Serve as part of a banquet for 4

For me, chicken drumsticks are total comfort food – so affordable and accessible, especially now that free-range chicken is more widely available. Tossing the drumsticks in flour gives them a lovely rich coating, and also thickens the sauce. Black bean and chilli sauce is an all-time favourite (if you’re cooking for children, you can easily omit the chilli) and goes beautifully  with a range of ingredients. This dish is a great meal-in-one, served with steamed rice and Chinese  greens.

3 tablespoons peanut oil
8 free-range chicken drumsticks
75 g (1/2 cup) plain flour
250 ml (1 cup) chicken stock or water
1/2 red capsicum (pepper), seeds removed, finely sliced
1 teaspoon malt vinegar

1 tablespoon light soy sauce
1 tablespoon brown sugar
1 tablespoon malt vinegar
1 teaspoon sesame oil
2 tablespoons peanut oil
2 large red chillies, halved and seeds removed
2 large green chillies, halved and seeds removed
1 small red onion, finely sliced
5 cm × 2 cm knob (20 g) ginger, finely sliced
4 garlic cloves, crushed
1 large red chilli, finely sliced on the diagonal
2 tablespoons salted black beans
80 ml (1/3 cup) shao hsing wine or dry sherry

Heat half of the peanut oil in a hot wok until the surface seems to shimmer  slightly. Toss drumsticks in flour to coat, shaking  off any excess. Add half the drumsticks to the hot oil and sear for 1 minute each side. Remove drumsticks and drain on kitchen paper. Discard oil and wipe wok clean. Repeat with remaining oil and drumsticks, then wipe wok clean again.

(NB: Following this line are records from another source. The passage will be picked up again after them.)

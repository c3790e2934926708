-- ===== src/Manager/Steps.antt =====
-- `RemoveTokenQmidInfo` and `NewBatch` of `TokenManager`.
use sigmod_programming_conte.Base.{
  ℕ, ◌-◌, ◌≡◌, ◌≢◌, refl, sym, ap, ◌∙◌, Option, some, List, [], ◌∷◌, get_elem?, length, arith, map,
  zero, suc, ◌>>=◌, >>=-eq-some,
}
use sigmod_programming_conte.Core.{CString, MatchType, ErrorCode, TokenId}
use sigmod_programming_conte.Library.{DenseMap}
use sigmod_programming_conte.Token.Defs.{TokenInfo}
use sigmod_programming_conte.Token.Requests.{IsConsistent, asks, slot}
use sigmod_programming_conte.Token.Removing.{Removal, null_list, absent, erased, remove_qmid_cases}
use sigmod_programming_conte.Token.Frame.{remove_qmid-SameDocs}
use sigmod_programming_conte.Space.Defs.{Space, new_batch}
use sigmod_programming_conte.Space.Tokens.{tokens-remove_token_qmid_info}
use sigmod_programming_conte.Manager.Defs.{
  Manager, space_at, put_space, count_inactive, manager_remove_qmid, manager_new_batch,
}
use sigmod_programming_conte.Manager.Index.{token_at, IsIndexed, replaced-IsIndexed}
use sigmod_programming_conte.Manager.Known.{SameDocs-IsSound}

-- A removal from a list that has queries returns a consistent word.
removed :
    {t : TokenInfo} {i qmid : ℕ} {r : Option (TokenInfo × ErrorCode)}
    → asks t i ≢ []
    → IsConsistent t
    → Removal t i qmid r
    → (u : TokenInfo) × (code : ErrorCode) × (r ≡ some (u, code)) × IsConsistent u
removed some_query c (null_list h) = absurd (some_query h)
removed {t} some_query c (absent h e) = (t, _, refl, c)
removed some_query c (erased {u} rest e c' l) = (u, _, refl, c')

module _ {H : Type 0} (dict : DenseMap CString TokenId) where
  open dict use {Map}

  count_inactive-same :
      (code : ErrorCode) (m : Manager Map H)
      → ((count_inactive dict code m).exact ≡ m.exact)
        × ((count_inactive dict code m).indexes ≡ m.indexes)
  unfolding count_inactive
  count_inactive-same code m = ground arith

  -- With the invariant, `RemoveTokenQmidInfo` for a word that is stored returns if a query is in the word's list for
  -- the type and the distance, and keeps the dictionary and the invariant.
  pub manager_remove_qmid-IsIndexed :
      (m : Manager Map H) (gid : TokenId) (qmid : ℕ) (mt : MatchType) (dist : ℕ) (t : TokenInfo)
      (i : ℕ)
      → IsIndexed dict m
      → token_at dict m (gid.length_ - 4) gid.id_ ≡ some t
      → slot mt dist ≡ some i
      → asks t i ≢ []
      → (m' : Manager Map H) × (code : ErrorCode) × (manager_remove_qmid dict gid qmid mt dist m
          ≡ some (m', code))
        × (m'.exact ≡ m.exact)
        × IsIndexed dict m'
  unfolding manager_remove_qmid
  manager_remove_qmid-IsIndexed m gid qmid mt dist t i inv stored e some_query =
      let (s, here, there) =
        >>=-eq-some (space_at dict m (gid.length_ - 4)) (λ s. get_elem? s.tokens gid.id_) stored in
      let fine = inv.sound (gid.length_ - 4) gid.id_ t stored in
      let (u, code, run, c) =
        removed some_query fine.consistent (remove_qmid_cases qmid mt dist t e fine.consistent) in
      let same = remove_qmid-SameDocs qmid mt dist t run in
      let (s', step, new) = tokens-remove_token_qmid_info s gid.id_ there qmid mt dist run in
      let put = put_space dict m (gid.length_ - 4) s' in
      let (exact, indexes) = count_inactive-same code put in
      (
        count_inactive dict code put,
        code,
        rw (here, step) refl,
        exact,
        replaced-IsIndexed dict m (count_inactive dict code put) (gid.length_ - 4) s s'
            (record { here = here; put = indexes }) gid.id_ t u there new exact same.tokenstring
            (SameDocs-IsSound same c fine) inv,
      )

  map-space :
      (f : Space H → Space H) (ss : List (Space H)) (i j : ℕ)
      → ((s : Space H) → (f s).tokens ≡ s.tokens)
      → (get_elem? (map f ss) i >>= λ s. get_elem? s.tokens j)
        ≡ (get_elem? ss i >>= λ s. get_elem? s.tokens j)
  map-space f [] i j same = refl
  map-space f (s ∷ ss) zero j same = ap (λ ts. get_elem? ts j) (same s)
  map-space f (s ∷ ss) (suc i) j same = map-space f ss i j same

  length-map_spaces : (f : Space H → Space H) (ss : List (Space H)) → length (map f ss) ≡ length ss
  length-map_spaces f [] = refl
  length-map_spaces f (s ∷ ss) = ap suc (length-map_spaces f ss)

  new_batch-tokens : (s : Space H) → (new_batch s).tokens ≡ s.tokens
  unfolding new_batch
  new_batch-tokens s = refl

  pub new_batch-token_at :
      (m : Manager Map H) (i j : ℕ)
      → token_at dict (manager_new_batch dict m) i j ≡ token_at dict m i j
  unfolding manager_new_batch
  new_batch-token_at m i j = map-space new_batch m.indexes i j new_batch-tokens

  new_batch-rest :
      (m : Manager Map H)
      → ((manager_new_batch dict m).exact ≡ m.exact)
        × (length (manager_new_batch dict m).indexes ≡ length m.indexes)
  unfolding manager_new_batch
  new_batch-rest m = (refl, length-map_spaces new_batch m.indexes)

  -- `NewBatch` keeps the invariant: it forgets which words are fresh, and no word.
  pub manager_new_batch-IsIndexed :
      (m : Manager Map H) → IsIndexed dict m → IsIndexed dict (manager_new_batch dict m)
  manager_new_batch-IsIndexed m inv =
      let (exact, size) = new_batch-rest m in
      record {
        spaces = size ∙ inv.spaces;
        found = λ word tid h.
            let l = inv.found word tid (rw exact at h) in
            record {
              measured = l.measured;
              long = l.long;
              short = l.short;
              token = l.token;
              stored = new_batch-token_at m (length word - 4) tid.id_ ∙ l.stored;
              named = l.named;
            };
        sound = λ i j t h. inv.sound i j t (sym (new_batch-token_at m i j) ∙ h);
        known = λ i j t h. rw exact (inv.known i j t (sym (new_batch-token_at m i j) ∙ h));
      }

To make the black bean and chilli sauce, combine soy sauce, sugar, vinegar  and sesame oil in a small bowl and set aside. Heat peanut oil in a hot wok until the surface seems to shimmer  slightly. Add halved chillies and cook for 30 seconds  each side to blister and slightly blacken. Remove with tongs and drain on kitchen paper. Reserve oil in wok. Add onion, ginger, garlic, sliced chilli and black beans to hot oil in wok
and stir-fry for 2 minutes,  stirring regularly  to make sure the black beans don’t burn otherwise  they will be bitter. Add wine or sherry and cook for 1 minute. Add soy sauce mixture to wok and stir-fry for 30 seconds.

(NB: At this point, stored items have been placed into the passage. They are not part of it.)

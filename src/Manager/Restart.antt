-- ===== src/Manager/Restart.antt =====
-- `Restart` of `TokenManager` marks words, and changes nothing else of them.
use sigmod_programming_conte.Base.{
  ℕ, zero, suc, ◌+◌, ◌-◌, ◌≡◌, refl, sym, ap, ◌∙◌, subst, Bool, true, false, Option, some, none,
  List, [], ◌∷◌, map, length, get_elem?, get_elem?-drop, drop, drop_next, set, set_same, map-set,
  if◌then◌else◌, ◌==◌, ◌>>=◌, arith, some_inj,
}
use sigmod_programming_conte.Core.{CString, TokenId}
use sigmod_programming_conte.Library.{DenseMap}
use sigmod_programming_conte.Token.Defs.{TokenInfo}
use sigmod_programming_conte.Space.Defs.{
  Space, push_queue, enqueue, restart_token, restart_from, restart_space,
}
use sigmod_programming_conte.Manager.Defs.{Manager, manager_restart}
use sigmod_programming_conte.Manager.Index.{IsSound, token_at, IsIndexed}

-- A word without its mark.
abbrev pub unmarked : TokenInfo → TokenInfo
unmarked t = record t { memory_refreshed = false }

module _ {H : Type 0} where
  tokens-enqueue : (id r : ℕ) (s : Space H) → (enqueue id r s).tokens ≡ s.tokens
  unfolding enqueue push_queue
  tokens-enqueue id r s = ground arith

  restart_token-unmarked :
      (j : ℕ) (t : TokenInfo) (s : Space H)
      → get_elem? (map unmarked s.tokens) j ≡ some (unmarked t)
      → map unmarked (restart_token j t s).tokens ≡ map unmarked s.tokens
  unfolding restart_token
  restart_token-unmarked j t s here =
      let queued = if t.requests == 0 then s else enqueue j t.requests s in
      let same : queued.tokens ≡ s.tokens = of_queue (t.requests == 0) in
      of_doc queued same t.isdoct
    where
      of_queue : (b : Bool) → (if b then s else enqueue j t.requests s).tokens ≡ s.tokens
      of_queue true = refl
      of_queue false = tokens-enqueue j t.requests s

      of_doc :
          (queued : Space H)
          → queued.tokens ≡ s.tokens
          → (b : Bool)
          → map unmarked
              (if b
                then record queued {
                  tokens = set queued.tokens j (record t { memory_refreshed = true });
                }
                else queued).tokens
            ≡ map unmarked s.tokens
      of_doc queued same true =
          ap (λ ts. map unmarked (set ts j (record t { memory_refreshed = true }))) same
          ∙ map-set unmarked s.tokens j (record t { memory_refreshed = true })
          ∙ set_same (map unmarked s.tokens) j here
      of_doc queued same false = ap (map unmarked) same

  restart_from-unmarked :
      (ts : List TokenInfo) (j : ℕ) (s : Space H)
      → drop j (map unmarked s.tokens) ≡ map unmarked ts
      → map unmarked (restart_from j ts s).tokens ≡ map unmarked s.tokens
  unfolding restart_from
  restart_from-unmarked [] j s e = refl
  restart_from-unmarked (t ∷ ts) j s e =
      let same = restart_token-unmarked j t s (get_elem?-drop (map unmarked s.tokens) j e) in
      restart_from-unmarked ts (j + 1) (restart_token j t s)
        (ap (drop (j + 1)) same ∙ drop_next (map unmarked s.tokens) j e)
      ∙ same

  restart_space-unmarked :
      (cleared : H) (s : Space H)
      → map unmarked (restart_space cleared s).tokens ≡ map unmarked s.tokens
  unfolding restart_space
  restart_space-unmarked cleared s = restart_from-unmarked s.tokens 0 s refl

unmarked_at :
    (ts : List TokenInfo) (j : ℕ)
    → get_elem? (map unmarked ts) j ≡ (get_elem? ts j >>= λ t. some (unmarked t))
unmarked_at [] j = refl
unmarked_at (t ∷ ts) zero = refl
unmarked_at (t ∷ ts) (suc j) = unmarked_at ts j

-- What is said of a word does not depend on the mark.
mark_free :
    (t : TokenInfo) → (IsSound t → IsSound (unmarked t)) × (IsSound (unmarked t) → IsSound t)
mark_free t = (
  λ h. record {
    consistent = record {
      width = h.consistent.width;
      small = h.consistent.small;
      mirrors = h.consistent.mirrors;
      pruned = h.consistent.pruned;
    };
    documented = h.documented;
  },
  λ h. record {
    consistent = record {
      width = h.consistent.width;
      small = h.consistent.small;
      mirrors = h.consistent.mirrors;
      pruned = h.consistent.pruned;
    };
    documented = h.documented;
  },
)

unmarked-IsSound : (t u : TokenInfo) → unmarked t ≡ unmarked u → IsSound t → IsSound u
unmarked-IsSound t u e h = (mark_free u).1 (subst IsSound e ((mark_free t).0 h))

-- A word read, from what is read of it without the mark.
marked :
    (o o' : Option TokenInfo) (t : TokenInfo)
    → (o' >>= λ t. some (unmarked t)) ≡ (o >>= λ t. some (unmarked t))
    → o ≡ some t
    → (u : TokenInfo) × (o' ≡ some u) × (unmarked t ≡ unmarked u)
marked none o' t e h = absurd (none_ne_some h)
  where
    none_ne_some : none ≡ some t → ⊥
    none_ne_some h = cc
marked (some v) none t e h = absurd (none_ne_some e)
  where
    none_ne_some : none ≡ some (unmarked v) → ⊥
    none_ne_some h = cc
marked (some v) (some u) t e h = (u, refl, ap unmarked (sym (some_inj h)) ∙ sym (some_inj e))

module _ {H : Type 0} (dict : DenseMap CString TokenId) where
  open dict use {Map}

  -- `m'` has the dictionary of `m` and its words, but for the marks.
  pub record SameWords (m m' : Manager Map H) : Type 0 where
    pub exact : m'.exact ≡ m.exact
    pub indexes : length m'.indexes ≡ length m.indexes
    pub words :
        (i j : ℕ)
        → (token_at dict m' i j >>= λ t. some (unmarked t))
          ≡ (token_at dict m i j >>= λ t. some (unmarked t))

  SameWords-IsIndexed :
      (m m' : Manager Map H) → SameWords m m' → IsIndexed dict m → IsIndexed dict m'
  SameWords-IsIndexed m m' same inv = record {
    spaces = same.indexes ∙ inv.spaces;
    found = λ word tid h.
        let l = inv.found word tid (rw same.exact at h) in
        let k = length word - 4 in
        let (u, there, e) =
          marked (token_at dict m k tid.id_) (token_at dict m' k tid.id_) l.token
            (same.words k tid.id_) l.stored in
        record {
          measured = l.measured;
          long = l.long;
          short = l.short;
          token = u;
          stored = there;
          named = ap (λ (x : TokenInfo). x.tokenstring) (sym e) ∙ l.named;
        };
    sound = λ i j t h.
        let (u, there, e) =
          marked (token_at dict m' i j) (token_at dict m i j) t (sym (same.words i j)) h in
        unmarked-IsSound u t (sym e) (inv.sound i j u there);
    known = λ i j t h.
        let (u, there, e) =
          marked (token_at dict m' i j) (token_at dict m i j) t (sym (same.words i j)) h in
        let name : u.tokenstring ≡ t.tokenstring = ap (λ (x : TokenInfo). x.tokenstring) (sym e) in
        rw same.exact (rw name at (inv.known i j u there));
  }

  restart_words :
      (cleared : H) (ss : List (Space H)) (i j : ℕ)
      → (get_elem? (map (restart_space cleared) ss) i >>= λ s.
          get_elem? s.tokens j >>= λ t. some (unmarked t))
        ≡ (get_elem? ss i >>= λ s. get_elem? s.tokens j >>= λ t. some (unmarked t))
  restart_words cleared [] i j = refl
  restart_words cleared (s ∷ ss) zero j =
      sym (unmarked_at (restart_space cleared s).tokens j)
      ∙ ap (λ ts. get_elem? ts j) (restart_space-unmarked cleared s)
      ∙ unmarked_at s.tokens j
  restart_words cleared (s ∷ ss) (suc i) j = restart_words cleared ss i j

  length-map_restart :
      (cleared : H) (ss : List (Space H)) → length (map (restart_space cleared) ss) ≡ length ss
  length-map_restart cleared [] = refl
  length-map_restart cleared (s ∷ ss) = ap suc (length-map_restart cleared ss)

  manager_restart-SameWords :
      (cleared : H) (m : Manager Map H) → SameWords m (manager_restart dict cleared m)
  unfolding manager_restart
  manager_restart-SameWords cleared m = record {
    exact = refl;
    indexes = length-map_restart cleared m.indexes;
    words = λ i j.
        regroup (get_elem? (map (restart_space cleared) m.indexes) i) j
        ∙ restart_words cleared m.indexes i j
        ∙ sym (regroup (get_elem? m.indexes i) j);
  }
    where
      regroup :
          (o : Option (Space H)) (j : ℕ)
          → ((o >>= λ s. get_elem? s.tokens j) >>= λ t. some (unmarked t))
            ≡ (o >>= λ s. get_elem? s.tokens j >>= λ t. some (unmarked t))
      regroup none j = refl
      regroup (some s) j = refl

  -- `Restart` keeps the invariant: the words stay, with what is known of them.
  pub manager_restart-IsIndexed :
      (cleared : H) (m : Manager Map H)
      → IsIndexed dict m
      → IsIndexed dict (manager_restart dict cleared m)
  manager_restart-IsIndexed cleared m =
      SameWords-IsIndexed m (manager_restart dict cleared m) (manager_restart-SameWords cleared m)

  -- Nor does it change the documents of a word.
  pub docs-manager_restart :
      (cleared : H) (m : Manager Map H) (i j : ℕ)
      → (token_at dict (manager_restart dict cleared m) i j >>= λ t. some t.docpointer)
        ≡ (token_at dict m i j >>= λ t. some t.docpointer)
  docs-manager_restart cleared m i j =
      let m' = manager_restart dict cleared m in
      sym (through (token_at dict m' i j))
      ∙ ap (λ o. o >>= λ t. some t.docpointer) ((manager_restart-SameWords cleared m).words i j)
      ∙ through (token_at dict m i j)
    where
      through :
          (o : Option TokenInfo)
          → ((o >>= λ t. some (unmarked t)) >>= λ t. some t.docpointer)
            ≡ (o >>= λ t. some t.docpointer)
      through none = refl
      through (some t) = refl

Return drumsticks to wok and toss to coat in sauce for 1 minute. Add stock or water, cover with a lid, bring to the boil, then immediately reduce heat to a gentle simmer. Braise the chicken for 15 minutes or until cooked through.  Remove from the heat, then add capsicum and vinegar  to wok and toss to combine. Serve immediately, garnished with blistered chillies.